Para ir descartando desconecte todas las conexiones de la main y pasa lo mismo por lo que entiendo que la avería estará en la main o en la fuente .
Agradeceria algun consejo
Saludos


----------



## skynetronics (Sep 8, 2018)

Si tienes los voltajes, entonces difícilmente la falla esté en la fuente. Sin embargo, sería útil tener de todas formas algunas fotos de tu fuente, ya que los datos que das son insuficientes.

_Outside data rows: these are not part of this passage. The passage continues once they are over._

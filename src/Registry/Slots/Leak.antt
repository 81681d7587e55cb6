-- ===== src/Registry/Slots/Leak.antt =====
-- What a failed revocation makes of the slot counter.
use stagepilot_beta.Common.{
  ℕ, String, Bool, true, false, not, ◌&&◌, some, lookup, lookup-insert_self, ◌≡◌, refl, arith,
}
use stagepilot_beta.Registry.Data.{World, Env, Installation, Response, CfCall, RegistryStats}
use stagepilot_beta.Registry.Action.{
  Action, Outcome, ok, thrown, Thrown, ◌>>=◌, save, put_stats, forget_token, load, gets,
}
use stagepilot_beta.Registry.Limits.{stats}
use stagepilot_beta.Registry.Provider.{cf}
use stagepilot_beta.Registry.Cleanup.{teardown}
use stagepilot_beta.Registry.Replies.{now_text, is_disabled}
use stagepilot_beta.Registry.Revocation.{
  release_slot, mark_revoking, mark_disabled, disable, revoke_found, admin_revoke,
}
use stagepilot_beta.Registry.Rules.Basic.{Keeps, Keeps-bind, Keeps-pure, Keeps-if}
use stagepilot_beta.Registry.Rules.Calls.{teardown-Keeps}
use stagepilot_beta.Registry.Rules.Leads.{Ends, Leads, Leads-bind, Leads-pure, Leads-keep}
use stagepilot_beta.Registry.Slots.Steady.{active, stats-IsSteady, cf-IsSteady}
use stagepilot_beta.Registry.Slots.Revoking.{now_text-Keeps}

module _ (env : Env) (i : Installation) (n : ℕ) where
  -- `i` is stored as revoked, and the counter is `n`.
  pub record IsMarked (w : World) : Type 0 where
    pub old : Installation
    pub known : lookup i.id w.installations ≡ some old
    pub taken : old.revoked ≡ true
    pub counted : active w.stats ≡ some n

  abbrev IsCounted : World → Type 0
  IsCounted w = active w.stats ≡ some n

  abbrev Anything : {A : Type 0} → A → World → Type 0
  Anything a w = Unit

  cf-IsMarked : (call : CfCall) → Keeps IsMarked (cf env call)
  cf-IsMarked call = record {
    at = λ w h.
        let s =
          (cf-IsSteady w.installations n env call).at w
            (record { same = refl; counted = h.counted }) in
        record { old = h.old; known = rw s.same h.known; taken = h.taken; counted = s.counted };
  }

  cf-IsCounted : (call : CfCall) → Keeps IsCounted (cf env call)
  cf-IsCounted call = record {
    at = λ w h.
        ((cf-IsSteady w.installations n env call).at w
          (record { same = refl; counted = h })).counted;
  }

  save-IsCounted : (j : Installation) → Keeps IsCounted (save j)
  unfolding save
  save-IsCounted j = record { at = λ w h. h }

  forget-IsCounted : (id : String) → Keeps IsCounted (forget_token id)
  unfolding forget_token
  forget-IsCounted id = record { at = λ w h. h }

  save-IsMarked :
      (j : Installation)
      → j.id ≡ i.id
      → j.revoked ≡ true
      → Leads IsMarked IsCounted (save j) (λ _. IsMarked)
  unfolding save
  save-IsMarked j same taken = record {
    at = λ w h. record {
      old = j;
      known = simp (← same, lookup-insert_self j.id j w.installations);
      taken = taken;
      counted = h;
    };
  }

  -- A second `disable` finds the installation revoked and gives no slot back.
  disable-IsCounted : (j : Installation) → j.revoked ≡ true → Keeps IsCounted (disable env j true)
  unfolding disable release_slot
  disable-IsCounted j taken = Keeps-bind _ _ (now_text-Keeps env _) λ started.
      Keeps-bind _ _ (save-IsCounted _) λ _.
        Keeps-bind _ _ (teardown-Keeps env _ cf-IsCounted _) λ _.
          Keeps-bind _ _ (now_text-Keeps env _) λ finished. Keeps-bind _ _ (forget-IsCounted _) λ _.
            Keeps-bind _ _ (save-IsCounted _)
              λ _. Keeps-bind _ _ (rw taken (Keeps-pure tt)) λ _. Keeps-pure _

  found-IsCounted :
      (j : Installation) → j.revoked ≡ true → Keeps IsCounted (revoke_found env (some j))
  unfolding revoke_found
  found-IsCounted j taken =
      Keeps-if (j.revoked && is_disabled j.phase) _ _ (Keeps-pure _) (disable-IsCounted j taken)

  revoke-IsCounted : (w : World) → IsMarked w → active (admin_revoke env i.id w).1.stats ≡ some n
  unfolding admin_revoke load gets ◌>>=◌
  revoke-IsCounted w h = rw h.known ((found-IsCounted h.old h.taken).at w h.counted)

  stats-IsMarked : Keeps IsMarked stats
  stats-IsMarked = record {
    at = λ w h.
        let s =
          (stats-IsSteady w.installations n).at w (record { same = refl; counted = h.counted }) in
        record { old = h.old; known = rw s.same h.known; taken = h.taken; counted = s.counted };
  }

  forget-IsMarked : (id : String) → Keeps IsMarked (forget_token id)
  unfolding forget_token
  forget-IsMarked id = record {
    at = λ w h. record { old = h.old; known = h.known; taken = h.taken; counted = h.counted };
  }

  put_stats-Leads : (s : RegistryStats) → Leads IsMarked IsMarked (put_stats s) Anything
  unfolding put_stats
  put_stats-Leads s = record { at = λ w h. tt }

  release-Leads : (b : Bool) → Leads IsMarked IsMarked (release_slot b) Anything
  unfolding release_slot
  release-Leads false = Leads-pure IsMarked tt (λ w h. tt)
  release-Leads true =
      Leads-bind IsMarked _ _ (Leads-keep IsMarked stats (λ w h. h) stats-IsMarked)
        λ s. put_stats-Leads _

  keep : {A : Type 0} (m : Action A) → Keeps IsMarked m → Leads IsMarked IsMarked m (λ _. IsMarked)
  keep m k = Leads-keep IsMarked m (λ w h. h) k

  mark-Leads :
      (at : String) → Leads IsMarked IsCounted (save (mark_revoking true at i)) (λ _. IsMarked)
  unfolding mark_revoking
  mark-Leads at = save-IsMarked (mark_revoking true at i) refl (ground arith)

  now-Leads :
      {A : Type 0} (f : String → Action A)
      → ((at : String) → Leads IsMarked IsCounted (f at) Anything)
      → Leads IsMarked IsCounted (now_text env >>= f) Anything
  unfolding now_text ◌>>=◌ gets
  now-Leads f lf = record { at = λ w h. (lf (env.timestamp w.log w.moment)).at w h }

  resave :
      (finished started : String)
      → Keeps IsMarked (save (mark_disabled finished (mark_revoking true started i)))
  unfolding save mark_disabled mark_revoking
  resave finished started = record {
    at = λ w h. record {
      old = mark_disabled finished (mark_revoking true started i);
      known = lookup-insert_self i.id _ w.installations;
      taken = ground arith;
      counted = h.counted;
    };
  }

  first-Leads : Leads IsMarked IsCounted (disable env i true) Anything
  unfolding disable mark_disabled mark_revoking
  first-Leads = now-Leads _ λ started. Leads-bind IsMarked _ _ (mark-Leads started) λ _.
      Leads-bind IsMarked _ _ (keep (teardown env _) (teardown-Keeps env _ cf-IsMarked _)) λ _.
        Leads-bind IsMarked _ _ (keep (now_text env) (now_text-Keeps env _)) λ finished.
          Leads-bind IsMarked _ _ (keep (forget_token i.id) (forget-IsMarked i.id)) λ _.
            Leads-bind IsMarked _ _ (keep (save _) (resave finished started)) λ _.
              Leads-bind IsMarked _ _ (release-Leads (not i.revoked))
                λ _. Leads-pure IsMarked _ (λ w h. tt)

  marked_of :
      (r : Outcome Response) (w : World) (t : Thrown)
      → Ends IsMarked Anything r w
      → r ≡ thrown t
      → IsMarked w
  marked_of (ok answer) w t h e = ground arith
  marked_of (thrown u) w t h e = h

-- When a revocation fails, at whatever step and for whatever reason, the counter of active
-- installations is what it was, and the operator's revocation that is made next of the same
-- installation, whether it then succeeds or fails, leaves the counter there as well: the slot of
-- an installation that was active is not given back by the retry.
pub retry_leaks :
    (env : Env) (i : Installation) (n : ℕ) (w : World) (t : Thrown)
    → active w.stats ≡ some n
    → (disable env i true w).0 ≡ thrown t
    → (active (disable env i true w).1.stats ≡ some n)
      × (active (admin_revoke env i.id (disable env i true w).1).1.stats ≡ some n)
retry_leaks env i n w t counted failed =
    let (r, w') = disable env i true w in
    let h : IsMarked env i n w' =
      marked_of env i n r w' t ((first-Leads env i n).at w counted) failed in
    (h.counted, revoke-IsCounted env i n w' h)
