-- ===== src/Registry/Refusals.antt =====
-- Requests that do not carry the credential of the installation that they name.
use stagepilot_beta.Common.{
  ◌||◌, ℕ, Bool, true, false, Option, none, some, List, [], ◌∷◌, lookup, ◌≡◌, ◌≢◌, ◌⊎◌, inl, refl,
  arith,
}
use stagepilot_beta.Registry.Names.{same_bytes}
use stagepilot_beta.Registry.Data.{World, Env, Installation, Response}
use stagepilot_beta.Registry.Action.{Action, Outcome, ok, load, pure, gets, ◌>>=◌}
use stagepilot_beta.Registry.Replies.{credential_of}
use stagepilot_beta.Registry.Access.{
  Route, on_installation, to_reenroll, to_reactivate, to_acknowledge, to_own_approvals, to_ingest,
  to_upload, Request, is_get, is_post, is_installation, equal_secret,
}
use stagepilot_beta.Registry.Handler.{
  admit, authorized, unauthorized, on_route, charged_reenroll, charged_reactivate,
  charged_acknowledge, charged_approvals, charged_alert, charged_upload,
}
use stagepilot_beta.Registry.Dispatch.{by_method, posted, route_request, respond, serve}

same_bytes_eq : (as' bs : List ℕ) → same_bytes as' bs ≡ true → as' ≡ bs
unfolding same_bytes
same_bytes_eq [] [] e = refl
same_bytes_eq [] (b ∷ bs) e = ground arith
same_bytes_eq (a ∷ as') [] e = ground arith
same_bytes_eq (a ∷ as') (b ∷ bs) e = ground (arith, same_bytes_eq as' bs)

module _ (env : Env) (r : Request) where
  -- No installation, or one whose credential has another digest than the token.
  abbrev pub Foreign : Option Installation → Type 0
  Foreign none = Unit
  Foreign (some i) = env.digest r.bearer ≢ env.digest (credential_of env i)

  not_installation :
      (i : Installation)
      → env.digest r.bearer ≢ env.digest (credential_of env i)
      → is_installation env r i ≡ false
  unfolding is_installation equal_secret
  not_installation i differs =
      ground (arith, same_bytes_eq (env.digest r.bearer) (env.digest (credential_of env i)))

  admit-Foreign :
      (b : Bool) (f : Installation → Action Response) (o : Option Installation) (w : World)
      → Foreign o
      → admit env b r f o w ≡ (ok unauthorized, w)
  unfolding admit pure
  admit-Foreign b f none w foreign = refl
  admit-Foreign b f (some i) w foreign = ground (arith, not_installation i foreign)

  authorized-Foreign :
      (b : Bool) (f : Installation → Action Response) (w : World)
      → Foreign (lookup r.id w.installations)
      → authorized env b r f w ≡ (ok unauthorized, w)
  unfolding authorized load gets ◌>>=◌
  authorized-Foreign b f w foreign = admit-Foreign b f (lookup r.id w.installations) w foreign

  -- The routes that belong to an installation, not to the operator.
  abbrev pub IsCredentialed : Route → Type 0
  IsCredentialed (on_installation action) = Unit
  IsCredentialed to_reenroll = Unit
  IsCredentialed to_reactivate = Unit
  IsCredentialed (to_acknowledge id) = Unit
  IsCredentialed to_own_approvals = Unit
  IsCredentialed to_ingest = Unit
  IsCredentialed to_upload = Unit
  IsCredentialed _ = ⊥

  abbrev pub IsTurnedAway : World → Response × World → Type 0
  IsTurnedAway w a =
      (a.1 ≡ w) × ((a.0.status ≡ 401) ⊎ ((is_post r.method ≡ false) × (a.0.status ≡ 404)))

  abbrev answered : Outcome Response × World → Response × World
  answered (o, w) = (respond env o, w)

  posted_away :
      (m : Action Response) (w : World)
      → m w ≡ (ok unauthorized, w)
      → IsTurnedAway w (answered (posted env r m w))
  unfolding by_method respond pure
  posted_away m w e = ground arith

  either_away :
      (m : Action Response) (w : World)
      → m w ≡ (ok unauthorized, w)
      → IsTurnedAway w (answered (by_method env (is_get r.method || is_post r.method) m w))
  unfolding by_method respond pure
  either_away m w e = ground arith

  route-Foreign :
      (route : Route) (w : World)
      → IsCredentialed route
      → Foreign (lookup r.id w.installations)
      → IsTurnedAway w (answered (route_request env route r w))
  unfolding route_request respond
  route-Foreign (on_installation action) w c foreign =
      rw (authorized-Foreign false (on_route env action r) w foreign) (refl, inl refl)
  route-Foreign to_reenroll w c foreign =
      posted_away _ w (authorized-Foreign false (charged_reenroll env) w foreign)
  route-Foreign to_reactivate w c foreign =
      posted_away _ w (authorized-Foreign true (charged_reactivate env) w foreign)
  route-Foreign (to_acknowledge id) w c foreign =
      posted_away _ w (authorized-Foreign false (charged_acknowledge env id) w foreign)
  route-Foreign to_own_approvals w c foreign =
      either_away _ w (authorized-Foreign false (charged_approvals env r) w foreign)
  route-Foreign to_ingest w c foreign =
      posted_away _ w (authorized-Foreign false (charged_alert env r) w foreign)
  route-Foreign to_upload w c foreign =
      posted_away _ w (authorized-Foreign false (charged_upload env r) w foreign)
  route-Foreign _ w c foreign = absurd c

  -- A request to a route of an installation whose token has not the digest of that
  -- installation's current credential, or that names no stored installation, is answered by 401
  -- (or by 404, where the route wants POST and the request is none) and changes nothing: no rate
  -- is charged and the provider is not asked.
  pub serve-Foreign :
      (w : World)
      → IsCredentialed r.route
      → Foreign (lookup r.id w.installations)
      → ((serve env r w).1 ≡ w)
        × (((serve env r w).0.status ≡ 401)
            ⊎ ((is_post r.method ≡ false) × ((serve env r w).0.status ≡ 404)))
  unfolding serve
  serve-Foreign w c foreign = route-Foreign r.route w c foreign
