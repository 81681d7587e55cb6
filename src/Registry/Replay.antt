-- ===== src/Registry/Replay.antt =====
-- What a completed `disable` leaves behind, and the generation that it retires.
use stagepilot_beta.Common.{
  String, Bool, true, false, ◌||◌, Option, none, some, lookup, lookup-insert_self, lookup-erase,
  eq_refl, ◌≡◌, refl, arith, Dict,
}
use stagepilot_beta.Registry.Names.{is_generation}
use stagepilot_beta.Registry.Data.{
  World, Env, disabled, Installation, RegistryStats, Response, failure,
}
use stagepilot_beta.Registry.Action.{
  Action, Outcome, ok, thrown, pure, ◌>>=◌, save, put_stats, modify, forget_token,
}
use stagepilot_beta.Registry.Limits.{stats, read_stats, initial_stats}
use stagepilot_beta.Registry.Cleanup.{teardown}
use stagepilot_beta.Registry.Replies.{now_text, reply}
use stagepilot_beta.Registry.Forms.{Input, empty_input}
use stagepilot_beta.Registry.Provision.{accept_generation, check_generation, provision}
use stagepilot_beta.Registry.Revocation.{release_slot, mark_revoking, mark_disabled, disable}
use stagepilot_beta.Registry.Rules.Basic.{Keeps, Keeps-pure, Keeps-bind, Keeps-elim}
use stagepilot_beta.Registry.Rules.Leads.{Ends, Leads, Leads-bind, Leads-pure, Leads-keep}

-- The stored installation after a completed `disable` of `i`.
pub record IsCleared (i : Installation) (revoke : Bool) (w : World) : Type 0 where
  pub stored : Installation
  pub found : lookup i.id w.installations ≡ some stored
  pub off : stored.phase ≡ disabled
  pub unwanted : stored.desired_enabled ≡ false
  pub gone : stored.generation ≡ none
  pub retired : stored.last_generation ≡ i.generation
  pub unbound : stored.tunnel_id ≡ none
  pub access : stored.revoked ≡ (i.revoked || revoke)
  pub forgotten : lookup i.id w.token_cache ≡ none

abbrev Anything : World → Type 0
Anything w = Unit

module _ (env : Env) (i : Installation) (revoke : Bool) where
  anything : {A : Type 0} (m : Action A) → Leads Anything Anything m (λ _. Anything)
  anything m = Leads-keep Anything m (λ w h. tt) (record { at = λ w h. tt })

  forget-Leads :
      Leads Anything Anything (forget_token i.id) (λ _ w. lookup i.id w.token_cache ≡ none)
  unfolding forget_token modify
  forget-Leads = record { at = λ w h. simp (lookup-erase, eq_refl) }

  save-IsCleared :
      (started finished : String)
      → Leads Anything
          (λ w. lookup i.id w.token_cache ≡ none)
          (save (mark_disabled finished (mark_revoking revoke started i)))
          (λ _. IsCleared i revoke)
  unfolding save modify mark_disabled mark_revoking
  save-IsCleared started finished = record {
    at = λ w h. record {
      stored = mark_disabled finished (mark_revoking revoke started i);
      found = lookup-insert_self i.id _ w.installations;
      off = refl;
      unwanted = refl;
      gone = refl;
      retired = refl;
      unbound = refl;
      access = refl;
      forgotten = h;
    };
  }

  put_stats-IsCleared : (s : RegistryStats) → Keeps (IsCleared i revoke) (put_stats s)
  unfolding put_stats modify
  put_stats-IsCleared s = record {
    at = λ w h. record {
      stored = h.stored;
      found = h.found;
      off = h.off;
      unwanted = h.unwanted;
      gone = h.gone;
      retired = h.retired;
      unbound = h.unbound;
      access = h.access;
      forgotten = h.forgotten;
    };
  }

  read_stats-IsCleared :
      (o : Option RegistryStats) (rows : Dict Installation)
      → Keeps (IsCleared i revoke) (read_stats o rows)
  unfolding read_stats
  read_stats-IsCleared none rows =
      Keeps-bind _ _ (put_stats-IsCleared _) (λ _. Keeps-pure (initial_stats rows))
  read_stats-IsCleared (some s) rows =
      let patched = record s { diagnostics_bytes_used = some 0 } in
      Keeps-elim s.diagnostics_bytes_used _ _
        (Keeps-bind _ _ (put_stats-IsCleared patched) (λ _. Keeps-pure patched)) (λ _. Keeps-pure s)

  stats-IsCleared : Keeps (IsCleared i revoke) stats
  unfolding stats
  stats-IsCleared = record { at = λ w h. (read_stats-IsCleared w.stats w.installations).at w h }

  release-IsCleared : (b : Bool) → Keeps (IsCleared i revoke) (release_slot b)
  unfolding release_slot
  release-IsCleared false = Keeps-pure _
  release-IsCleared true = Keeps-bind _ _ stats-IsCleared (λ s. put_stats-IsCleared _)

  pub disable-IsCleared : Leads Anything Anything (disable env i revoke) (λ _. IsCleared i revoke)
  unfolding disable mark_revoking
  disable-IsCleared = Leads-bind Anything _ _ (anything (now_text env)) λ started.
      Leads-bind Anything _ _ (anything (save _)) λ _.
        Leads-bind Anything _ _ (anything (teardown env _)) λ _.
          Leads-bind Anything _ _ (anything (now_text env)) λ finished.
            Leads-bind Anything _ _ forget-Leads λ _.
              Leads-bind Anything _ _ (save-IsCleared started finished) λ _.
                Leads-bind Anything _ _
                  (Leads-keep Anything (release_slot _) (λ w h. tt) (release-IsCleared _))
                  λ _. Leads-pure Anything _ (λ w h. h)

  -- What is stored of `i` if `disable` returned.
  Ends-IsCleared :
      (r : Outcome Response) (w : World) (response : Response)
      → Ends Anything (λ _. IsCleared i revoke) r w
      → r ≡ ok response
      → IsCleared i revoke w
  Ends-IsCleared (ok answer) w response h e = h
  Ends-IsCleared (thrown t) w response h e = ground arith

-- The body of a `provision` with the generation `g`.
abbrev pub again : String → Option String → Option Input
again g device = some (record empty_input { generation = some g; device_name = device })

abbrev pub needs_new : Response
needs_new = reply 409 (failure "a new generation is required")

module _ (env : Env) (stored : Installation) (g : String) (device : Option String) where
  provision_retired :
      (w : World)
      → is_generation g ≡ true
      → stored.phase ≡ disabled
      → stored.generation ≡ none
      → stored.last_generation ≡ some g
      → provision env (again g device) stored w ≡ (ok needs_new, w)
  unfolding provision check_generation accept_generation ◌>>=◌ pure
  provision_retired w form off gone retired = simp (form, off, gone, retired, eq_refl g)

-- Once `disable` of an installation whose generation `g` is well-formed has returned, the
-- installation is stored as disabled, without a generation, a tunnel or a cached token, and a
-- `provision` of what is stored with the same `g` is answered by 409 and changes nothing.
pub disable_retires :
    (env : Env) (i : Installation) (revoke : Bool) (g : String) (device : Option String) (w : World)
    (response : Response)
    → i.generation ≡ some g
    → is_generation g ≡ true
    → (disable env i revoke w).0 ≡ ok response
    → (stored : Installation) × (lookup i.id (disable env i revoke w).1.installations ≡ some stored)
      × (stored.phase ≡ disabled)
      × (stored.generation ≡ none)
      × (stored.tunnel_id ≡ none)
      × (lookup i.id (disable env i revoke w).1.token_cache ≡ none)
      × (provision env (again g device) stored (disable env i revoke w).1
          ≡ (ok needs_new, (disable env i revoke w).1))
disable_retires env i revoke g device w response had form returned =
    let (r, w') = disable env i revoke w in
    let h : IsCleared i revoke w' =
      Ends-IsCleared env i revoke r w' response ((disable-IsCleared env i revoke).at w tt)
        returned in
    (
      h.stored,
      h.found,
      h.off,
      h.gone,
      h.unbound,
      h.forgotten,
      provision_retired env h.stored g device w' form h.off h.gone (rw (h.retired, had) refl),
    )
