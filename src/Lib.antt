-- ===== src/Lib.antt =====
-- Verification of the block exchange of boxo: the state that the bitswap client and server keep, and
-- the relaying of want-forwards, as functions on explicit states.
--
-- What the files model, with the paths of the code from the root of the repository:
-- - Wire: the enumerations of bitswap/message/pb/message.pb.go that the rest uses.
-- - Wantlist: bitswap/client/wantlist/wantlist.go. `Wantlist`, `add`, `remove`, `remove_type`,
--   `find` (Contains), `entries`, `absorb`; the memo is part of the state.
-- - BlockPresence: bitswap/client/internal/blockpresencemanager/blockpresencemanager.go.
-- - CidQueue: bitswap/client/internal/session/cidqueue.go.
-- - SessionWants: bitswap/client/internal/session/sessionwants.go, over CidQueue.
-- - PeerLedger: bitswap/server/internal/decision/peer_ledger.go, over the entries of Wantlist.
-- - Relay: bitswap/relaymanager/relaymanager.go.
-- - SessionInterest: bitswap/client/internal/sessioninterestmanager/sessioninterestmanager.go.
-- - PeerWants: bitswap/client/internal/peermanager/peerwantmanager.go; PeerWants.Send has the methods
--   that send wants and cancels.
-- - Message: the type `impl` of bitswap/message/message.go; Message.Proto converts it to and from the
--   wire types of bitswap/message/pb/message.pb.go.
-- - Recall: the type `recallWantlist` of bitswap/client/internal/messagequeue/messagequeue.go, over
--   Wantlist.
-- - ForwardGraph: bitswap/client/internal/peermanager/forwardgraphmanager.go and
--   bitswap/forwardstrategy/forwardstrategy.go.
-- - SessionPeers: bitswap/client/internal/sessionpeermanager/sessionpeermanager.go.
-- - SessionSender: bitswap/client/internal/session/sessionwantsender.go, with the trackers of
--   peerresponsetracker.go and sentwantblockstracker.go beside it, over SessionPeers and BlockPresence.
--   Trackers, Infos, Wants, Updates, Exhaustion, Sending and Changes have the definitions.
-- - TaskMerger: bitswap/server/internal/decision/taskmerger.go.
-- - Base: Go's maps, maps of maps and slices, the interface of sets of CIDs, and the conversions
--   between uint64, float64 and int.
--
-- How the code is read:
-- - `cid.Cid` and `peer.ID` are type parameters with a decidable equality (`Key`): the code only
--   compares them. `undef` stands for the undefined CID.
-- - A Go map is an association list, and a `range` over it goes through the list: the order of the
--   list stands for any order. A map of maps is shared by reference in the code; a write to an inner
--   map is a write of the outer one here.
-- - `cid.Set` comes from another repository. It is the interface `SetOps`: its operations with the
--   laws that its documentation states. `ListSet` shows that the laws can be met.
-- - A slice is a value. Where the code reuses the array of a slice that it gave to a peer's queue,
--   the queue has read it by then.
-- - A method of an object returns the new state beside its result. Methods that hold a lock from
--   their first line to their last are one step each. setForwardGraphDegree of the forward graph
--   writes the degree without the lock: the write is a step of its own there, which other calls may
--   follow before new successors are chosen, and which is done also when the lock is held for ever.
--   A write of the degree in the middle of another call is left out.
-- - Priorities (`int32`) are integers that are only compared. The enumerations of the wire have
--   their three named values; a number outside these, which the wire could carry, is left out.
-- - The clock, random numbers and the answers of other components are arguments; what a call makes
--   other components do is a list of effects, in order.
-- - The float64 values in the choice among peers are an interface without laws, `Floats`. The timer of
--   the forward graph is a state, `Timer`, and a wait for ever is a result, `Outcome`.
-- - The degree of the forward graph is a uint64, which the code turns into a float64 to halve it.
--   `to_float64` rounds as Go does, and is exact below 2^53. Go leaves it to the platform which int a
--   float64 out of range becomes: `IntOfFloat` has this conversion, with the law that it is exact in
--   the range of an int of 64 bits.
-- - A batch of changes to the session want sender reads the block presences as they stand when it
--   begins; other goroutines may write them between batches.
--
-- Loops go through lists by structural recursion. Two loops are on fuel: that of MoveAllWantsLive gets
-- the length of the queue, of which every round takes one; that of SelectNewSuccessors gets the number
-- of successors it is to find, of which every round but the last finds one.
--
-- Not modelled: logging, String methods, Clone of a message (it shares entries with the original),
-- goroutines and channels, the network, the bytes of messages, which generated code writes and reads,
-- and the subsystems outside the parts above.
pub mod Base
pub mod BlockPresence
pub mod CidQueue
pub mod ForwardGraph
pub mod Message
pub mod PeerLedger
pub mod PeerWants
pub mod Recall
pub mod Relay
pub mod SessionInterest
pub mod SessionPeers
pub mod SessionSender
pub mod SessionWants
pub mod TaskMerger
pub mod Wantlist
pub mod Wire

Lo que haría es probar la fuente con carga dummy y simularle el pulso de encendido, pero para ello, hay que saber con qué fuente estamos lidiando, ya que sin fotos es como adivinar.


----------



## raultv (Sep 9, 2018)

Hola Skynetronics,, gracias *por* contestar.
Ésta es la placa :



 El tv es un Loewe art 32 (SL150), la fuente tiene serigrafiado el modelo 71203b10
Cuando empecé a examinarla, estuve googleando y di con la web de un SAT:

Elektrotanya for electronics experts

Este es el manual del Sat y  aunque se trata del mismo modelo de tv (se ve que es anterior o posterior al mío) ,se ve que cambian algunos componentes como la fuente, y en el conector que va de la fuente a la main aparecen los mismos voltajes pero en diferentes pines.


----------



## skynetronics (Sep 9, 2018)

Nunca he visto un TV de esos, pero si tienes los voltajes correctamente, entonces probablemente tu falla está en la mainboard.

Lo que haría es ver si algún componente de la mainboard se calienta en exceso cuando das la orden de encendido.


----------